A limitation of the coverage survey was that, while the questionnaire was developed to have harmonized questions for countries implementing MNP programs globally, some relevant indicators that would have helped better understand caregivers’ behaviors/purchase trends/use of Bibomix in Vietnam were missing. For instance, data on ethnicity of the caregivers were missing, which would have allowed segmenting by ethnic minority groups. In addition, information about the frequency of visits to the health centers was not collected. Another limitation was that all the data were collected through face-to-face interviews with caregivers at the health centers, and not at the home. Caregivers of the selected children were invited to come at the CHC, which could have biased the responses given because they may have wanted to please the surveyors. Caregivers were asked to report consumption within one week, which is commonly used in dietary assessment, however may not be representative of habitual practice. The use of one-week recall methodology was chosen to avoid recall bias. In addition, as this survey was conducted in a programmatic setting, budget, and logistics constraints did not allow measurement and tracking of consumption per child, per week. Finally, for health worker routine monitoring, the main limitation was that the health staff did not always use the recording templates that were designed for the project, as they preferred using the recording form that they were already accustomed to. As a result, they could not have recorded the identity of the primary caregivers buying Bibomix, which would have been useful for following up the purchase and repurchase trends.
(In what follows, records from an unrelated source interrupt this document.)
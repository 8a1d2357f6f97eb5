-- ===== src/Execution/Total.antt =====
-- A wait for an execution ends: some poll finds the time-out passed, at the latest.
use cloudify_system_tests.Prelude.{
  ◌∙◌, sym, ap, inr, inl, ◌-◌, Bool-cases, ℕ, zero, suc, ◌+◌, ◌≤◌, ◌<◌, ◌≡◌, ◌≢◌, refl, Bool, true,
  false, Option, none, some, List, [], ◌∷◌, leb, ◌==◌, String, is_in, arith,
}
use cloudify_system_tests.Act.{
  Act, Error, Reply, Result, ok, err, running, client_error, execution_failed, execution_timeout,
}
use cloudify_system_tests.Act.Returns.{ok-injective}
use cloudify_system_tests.Act.Ends.{
  EndsAt, Ends, ne-running-ok, ne-running-err, result-ne-running, bind-EndsAt, Ends-bind, Ends-ok,
  Ends-err, Ends-if,
}
use cloudify_system_tests.Client.{
  Api, Session, Execution, Event, EventQuery, Headers, Level, request,
}
use cloudify_system_tests.Client.Tenant.{set_client_tenant-EndsAt}
use cloudify_system_tests.Client.Respects.{Respects}
use cloudify_system_tests.Execution.Steps.{output_events-Moves, poll-Moves, output_events-Moves}
use cloudify_system_tests.Execution.Outcome.{fail-Fails}
use cloudify_system_tests.Execution.{
  seconds, output_event, show_events, output_events, report_event, report_events,
  fail_wait_for_execution, finish, settle, respond, poll_events, poll, wait_loop,
  wait_for_execution,
}

-- The clock is read off the world, no call turns it back, and reading it takes time.
pub record Ticks {W : Type 0} (api : Api W) (time : W → ℕ) : Type 0 where
  pub reads : (w : W) → (api.now w).0 ≡ time w
  pub moves : (w : W) → time w < time (api.now w).1
  pub sleeps : (t : ℕ) (w : W) → time w ≤ time (api.sleep t w)
  pub gets_execution :
      (h : Headers) (x : String) (w : W) → time w ≤ time (api.get_execution h x w).1
  pub lists_events :
      (h : Headers) (q : EventQuery) (w : W) → time w ≤ time (api.list_events h q w).1

-- the time left to the deadline falls by a round
less_left :
    {deadline fuel now a b c t : ℕ}
    → a ≡ now
    → deadline - a < suc fuel
    → now < deadline
    → a < b
    → b ≤ c
    → c ≤ t
    → deadline - t < fuel
less_left e h before p q r = omega arith

all_left :
    {timeout fuel now a b c t : ℕ}
    → a ≡ now
    → timeout < fuel
    → a < b
    → b ≤ c
    → t ≡ c
    → now + timeout - t < fuel
all_left e h p q r = omega arith

module _ {W : Type 0} (api : Api W) where
  request-Ends : {A : Type 0} (call : Headers → W → Reply A × W) → Ends (request call)
  request-Ends call = record { at = λ s. result-ne-running (call s.headers s.world).0 }

  output_event-Ends : (event : Event) (level : Option Level) → Ends (output_event api event level)
  unfolding output_event
  output_event-Ends event none = Ends-bind _ _ (Ends-ok _ _) λ _. Ends-ok _ _
  output_event-Ends event (some level) = search (Ends-if, Ends-ok)

  show_events-Ends : (events : List Event) → Ends (show_events api events)
  unfolding show_events
  show_events-Ends [] = Ends-ok _ _
  show_events-Ends (event ∷ events) =
      Ends-bind _ _ (output_event-Ends _ _) λ _. show_events-Ends events

  output_events-Ends :
      (e : Execution) (from_time to_time : Option ℕ) → Ends (output_events api e from_time to_time)
  unfolding output_events
  output_events-Ends e from_time to_time = Ends-bind _ _ (request-Ends _) show_events-Ends

  report_event-Ends : (t m : Option String) → Ends (report_event api t m)
  unfolding report_event
  report_event-Ends (some t) (some m) = Ends-ok _ _
  report_event-Ends (some t) none = Ends-err _
  report_event-Ends none m = Ends-err _

  report_events-Ends : (events : List Event) → Ends (report_events api events)
  unfolding report_events
  report_events-Ends [] = Ends-ok _ _
  report_events-Ends (event ∷ events) =
      Ends-bind _ _ (report_event-Ends _ _) λ _. report_events-Ends events

  fail-Ends : (e : Execution) (x : Error) → Ends (fail_wait_for_execution api e x)
  unfolding fail_wait_for_execution
  fail-Ends e x = Ends-bind _ _ (Ends-ok _ _) λ _.
      Ends-bind _ _ (request-Ends _)
        λ events. Ends-bind _ _ (report_events-Ends events) λ _. Ends-err _

  finish-Ends : (now : ℕ) (e : Execution) → Ends (finish api now e)
  unfolding finish
  finish-Ends now e = Ends-bind _ _ (Ends-ok _ _) λ _. Ends-bind _ _ (output_events-Ends e _ _) λ _.
      Ends-bind _ _
        (Ends-if (e.status == api.terminated) _ _ (Ends-ok tt (λ s. s))
          (fail-Ends e execution_failed))
        λ _. Ends-bind _ _ (Ends-ok _ _) λ _. Ends-ok _ _

  poll_events-Ends :
      (e : Execution) (prev now : ℕ) (r : Result Execution)
      → r ≢ running
      → Ends (poll_events api e prev now r)
  unfolding poll_events
  poll_events-Ends e prev now (ok x) h = record { at = λ s. ne-running-ok _ }
  poll_events-Ends e prev now (err x) h = record { at = λ s. ne-running-ok _ }
  poll_events-Ends e prev now running h = absurd (h refl)

  poll-Ends : (e : Execution) (prev now : ℕ) → Ends (poll api e prev now)
  unfolding poll
  poll-Ends e prev now = record {
    at = λ s.
        (poll_events-Ends e prev now _
            (result-ne-running (api.get_execution s.headers e.id s.world).0)).at
          _;
  }

module _ {W : Type 0} (api : Api W) (time : W → ℕ) (ticks : Ticks api time) where
  abbrev Later : Session W → Session W → Type 0
  Later s t = time s.world ≤ time t.world

  Later-Respects : Respects api Later
  Later-Respects = record {
    same = λ s. omega arith;
    trans = λ s t u p q. omega arith;
    logged = λ s l. omega arith;
    timed = λ s. omega (arith, ticks.moves s.world);
    slept = λ s t. ticks.sleeps t s.world;
    got_execution = λ s x. ticks.gets_execution s.headers x s.world;
    listed_events = λ s q. ticks.lists_events s.headers q s.world;
  }

  -- what a round asks of the next one
  abbrev Continues : ℕ → ℕ → Session W → (Execution → Act (Session W) Execution) → Type 0
  Continues deadline now s again =
      now < deadline → (t : Session W) → Later s t → (x : Execution) → EndsAt (again x) t

  settle-EndsAt :
      (deadline now : ℕ) (e : Execution) (again : Execution → Act (Session W) Execution)
      (s : Session W)
      → Continues deadline now s again
      → EndsAt (settle api deadline now e again) s
  unfolding settle
  settle-EndsAt deadline now e again s h = elim (Bool-cases (leb deadline now)) [
    | inl late ↦ rw late (
        bind-EndsAt _ _ s ((fail-Ends api e execution_timeout).at s)
          (λ a r. absurd ((fail-Fails api e execution_timeout).at s a r)))
    | inr early ↦ rw early (
        bind-EndsAt _ _ s (ne-running-ok tt) (λ _ _.
          elim (Bool-cases (is_in e.status api.end_states)) [
            | inl ended ↦ rw ended ((finish-Ends api now e).at s)
            | inr going ↦ rw going (h (ground arith) s (omega arith) e)
          ]))
  ]

  retry-EndsAt :
      (deadline now : ℕ) (e : Execution) (m : String)
      (again : Execution → Act (Session W) Execution) (s : Session W)
      → Continues deadline now s again
      → EndsAt (respond api true deadline now e (some (client_error m)) again) s
  unfolding respond
  retry-EndsAt deadline now e m again s h = elim (Bool-cases (leb deadline now)) [
    | inl late ↦ rw late (
        bind-EndsAt _ _ s (ne-running-ok tt)
          (λ _ _. bind-EndsAt _ _ _ (ne-running-err _) (λ a r. cc)))
    | inr early ↦ rw early (
        bind-EndsAt _ _ s (ne-running-ok tt) (λ _ _. bind-EndsAt _ _ _ (ne-running-ok tt) (λ _ _.
          bind-EndsAt _ _ _ (ne-running-ok tt)
            (λ _ _. h (ground arith) _ (ticks.sleeps (seconds 2) s.world) e))))
  ]

  respond-EndsAt :
      (allow : Bool) (deadline now : ℕ) (e : Execution) (x : Option Error)
      (again : Execution → Act (Session W) Execution) (s : Session W)
      → Continues deadline now s again
      → EndsAt (respond api allow deadline now e x again) s
  unfolding respond
  respond-EndsAt allow deadline now e none again s h = settle-EndsAt deadline now e again s h
  respond-EndsAt true deadline now e (some (client_error m)) again s h =
      retry-EndsAt deadline now e m again s h
  respond-EndsAt false deadline now e (some (client_error m)) again s h = ne-running-err _
  respond-EndsAt allow deadline now e (some x) again s h = ne-running-err _

  wait_loop-EndsAt :
      (fuel : ℕ) (allow : Bool) (deadline prev : ℕ) (e : Execution) (s : Session W)
      → deadline - time s.world < fuel
      → EndsAt (wait_loop api fuel allow deadline prev e) s
  unfolding wait_loop
  wait_loop-EndsAt zero allow deadline prev e s h = elim h [ ]
  wait_loop-EndsAt (suc fuel) allow deadline prev e s h =
      bind-EndsAt _ _ s (ne-running-ok _) (λ now read.
        bind-EndsAt _ _ _ ((poll-Ends api e prev now).at _) (λ answer _.
          respond-EndsAt allow deadline now answer.0 answer.1 _ _ (λ before t later x.
            wait_loop-EndsAt fuel allow deadline now x t (
              less_left (sym (ticks.reads s.world) ∙ ok-injective read) h before
                (ticks.moves s.world) ((poll-Moves api Later Later-Respects e prev now).at _)
                later))))

  -- With more fuel than the time-out has microseconds a wait ends: it returns the execution or
  -- raises, whatever the manager answers, if the clock ticks between the rounds.
  pub wait_for_execution_ends :
      (fuel : ℕ) (execution : Execution) (tenant : Option String) (timeout : ℕ) (allow : Bool)
      (s : Session W)
      → seconds timeout < fuel
      → (wait_for_execution api fuel execution tenant timeout allow s).0 ≢ running
  unfolding wait_for_execution
  wait_for_execution_ends fuel execution tenant timeout allow s enough =
      bind-EndsAt _ _ s (ne-running-ok tt) (λ _ _. bind-EndsAt _ _ _ (ne-running-ok _) (λ now read.
        bind-EndsAt _ _ _ ((output_events-Ends api execution none (some now)).at _) (λ _ _.
          set_client_tenant-EndsAt tenant _ _ (λ t same.
            wait_loop-EndsAt fuel allow (now + seconds timeout) now execution t (
              all_left (sym (ticks.reads s.world) ∙ ok-injective read) enough (ticks.moves s.world)
                ((output_events-Moves api Later Later-Respects execution none (some now)).at _)
                (ap time same))))))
The findings of this pilot were very promising and subsequent to the pilot, Bibomix MNP was endorsed by the MOH (Decision 4994/QD-BYT on 27 November 2014) in its strategy for micronutrient deficiencies prevention. This policy change is the first key milestone to scaling up MNP distribution in the country using the model piloted through this project. It is also noteworthy that while the pilot ended at the end of December 2014, the counseling services, as well as MNP sales, are still running in the provinces, truly demonstrating political will and ultimately the sustainability of the model.